__TASK OBJECTIVE__
Please find the lines in the entries below that contain the word "subst", and copy each one.
BEGIN
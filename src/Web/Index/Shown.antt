-- ===== src/Web/Index/Shown.antt =====
-- index.go: what a page shows of its build, and of the log that a server has written.
use gobuild.Common.{
  true, false, ◌≡◌, ◌≢◌, inl, inr, refl, subst, Option, none, some, List, [], ◌∷◌, Bytes, codes,
  eq_bytes, All, arith, Bool-cases,
}
use gobuild.Spec.{BuildSpec}
use gobuild.Spec.Canonical.{IsCanonical}
use gobuild.Record.{BuildResult}
use gobuild.Tlog.{Store, HashTree}
use gobuild.Tlog.Added.{IsHashTree}
use gobuild.Build.Run.Store.{Server}
use gobuild.History.{History}
use gobuild.History.Refines.{History-Represents}
use gobuild.Web.Index.{IndexFacts, LogFile, no_log, log_not_read, log_text}
use gobuild.Common.{◌⊎◌, ap, Bool, not, eq_bytes_iff}
use gobuild.Web.Index.Page.{IndexPage, output_of, page_of_output, serve_index, favicon_of}
use gobuild.Web.Index.Links.{IsPlainTarget, IsPlain, HasRows, serve_index-HasRows}

abbrev pub has_sum : Option BuildResult → Bool
has_sum none = false
has_sum (some br) = not (eq_bytes br.sum [])

-- What a page shows for a result or none and the log of a failed build: the result, with its sum; a
-- build in progress, where there is no log or an empty one; or the log. The browser keeps only the
-- first. A result without a sum, which no build has, counts as one that is in progress.
pub data Shows (l : LogFile) (p : IndexPage) : Option BuildResult → Type 0 where
  shows_result :
      (br : BuildResult)
      → br.sum ≢ []
      → p.success ≡ true
      → p.sum ≡ br.sum
      → p.in_progress ≡ false
      → p.output ≡ []
      → p.no_store ≡ false
      → p.favicon ≡ codes "/favicon.ico"
      → Shows l p (some br)
  shows_progress :
      (br : Option BuildResult)
      → has_sum br ≡ false
      → (br ≡ none → (l ≡ no_log) ⊎ (l ≡ log_text []))
      → p.success ≡ false
      → p.sum ≡ []
      → p.in_progress ≡ true
      → p.output ≡ []
      → p.no_store ≡ true
      → p.favicon ≡ codes "/favicon-building.png"
      → Shows l p br
  shows_failure :
      (output : Bytes)
      → output ≢ []
      → l ≡ log_text output
      → p.success ≡ false
      → p.sum ≡ []
      → p.in_progress ≡ false
      → p.output ≡ output
      → p.no_store ≡ true
      → p.favicon ≡ codes "/favicon-error.png"
      → Shows l p none

module _ (h : HashTree) (s : Store) (bs : BuildSpec) (f : IndexFacts) where
  without_result :
      (l : LogFile) (output : Bytes)
      → output_of h s bs f none l ≡ some output
      → Shows l (page_of_output h s bs f none output) none
  unfolding page_of_output favicon_of eq_bytes
  without_result no_log [] e =
      shows_progress none refl (λ k. inl refl) refl refl refl refl refl refl
  without_result no_log (c ∷ o) e = absurd (ground (arith, e))
  without_result log_not_read output e = absurd (ground (arith, e))
  without_result (log_text t) [] e =
      let same : t ≡ [] = ground (arith, e) in
      shows_progress none refl (λ k. inr (ap log_text same)) refl refl refl refl refl refl
  without_result (log_text t) (c ∷ o) e =
      let same : t ≡ c ∷ o = ground (arith, e) in
      shows_failure (c ∷ o) (λ k. ground (arith, k)) (ap log_text same) refl refl refl refl refl
        refl

  with_result :
      (l : LogFile) (br : BuildResult) → Shows l (page_of_output h s bs f (some br) []) (some br)
  with_result l br = elim (Bool-cases (eq_bytes br.sum [])) [
    | inl none_given ↦
        shows_progress (some br) (rw none_given refl) (λ k. absurd (ground (arith, k)))
          (unfold page_of_output in rw none_given refl)
          (unfold page_of_output in (eq_bytes_iff br.sum []).0 none_given)
          (unfold page_of_output eq_bytes in rw none_given refl) (unfold page_of_output in refl)
          (unfold page_of_output in rw none_given refl)
          (unfold page_of_output favicon_of eq_bytes in rw none_given refl)
    | inr given ↦
        shows_result br (λ k. ground (arith, given, (eq_bytes_iff br.sum []).1 k))
          (unfold page_of_output in rw given refl) (unfold page_of_output in refl)
          (unfold page_of_output in rw given refl) (unfold page_of_output in refl)
          (unfold page_of_output in rw given refl)
          (unfold page_of_output favicon_of eq_bytes in rw given refl)
  ]

  -- A page that is served shows one of three things: the result that is given, with its sum; that the
  -- build is in progress, where there is no result and no log or an empty one, or a result without a
  -- sum; or the log of a build that failed, where there is no result. Only the first may be stored
  -- by the client.
  pub serve_index-Shows :
      (br : Option BuildResult) (p : IndexPage)
      → serve_index h s bs f br ≡ some p
      → Shows f.log_file p br
  serve_index-Shows (some br) p e =
      let same : page_of_output h s bs f (some br) [] ≡ p =
        unfold serve_index in ground (arith, e) in
      subst (λ x. Shows f.log_file x (some br)) same (with_result f.log_file br)
  serve_index-Shows none p e = go (output_of h s bs f none f.log_file) refl
    where
      go : (o : Option Bytes) → output_of h s bs f none f.log_file ≡ o → Shows f.log_file p none
      go none k = absurd (unfold serve_index in ground (arith, e, k))
      go (some output) k =
          let same : page_of_output h s bs f none output ≡ p =
            unfold serve_index in ground (arith, e, k) in
          subst (λ x. Shows f.log_file x none) same (without_result f.log_file output k)

-- After a history, in which no addSum fails after its first permanent write, with a hash tree that
-- has its laws, the rows of a page lead to the pages of their targets, toolchains and variants,
-- are marked as successes where the builds of the history have added a result with the directory
-- of that page, and as active on that page itself: for a canonical specification, with
-- targets that are available and toolchains without a dash or a slash in their names.
pub serve_index-HasRows_after :
    (h : HashTree) (log : List BuildResult) (w : Server) (bs : BuildSpec) (f : IndexFacts)
    (br : Option BuildResult) (p : IndexPage)
    → IsHashTree h
    → History h log w
    → IsCanonical bs
    → All IsPlainTarget f.target_list
    → All IsPlain f.supported_list
    → All IsPlain f.remaining_list
    → serve_index h w.store bs f br ≡ some p
    → HasRows h log bs p
serve_index-HasRows_after h log w bs f br p t r c targets supported remaining =
    serve_index-HasRows h log w.store (History-Represents h t r) bs c f targets supported remaining
      br p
END
__RESPONSE TO THIS EXERCISE__
  true, false, ◌≡◌, ◌≢◌, inl, inr, refl, subst, Option, none, some, List, [], ◌∷◌, Bytes, codes,
      subst (λ x. Shows f.log_file x (some br)) same (with_result f.log_file br)
          subst (λ x. Shows f.log_file x none) same (without_result f.log_file output k)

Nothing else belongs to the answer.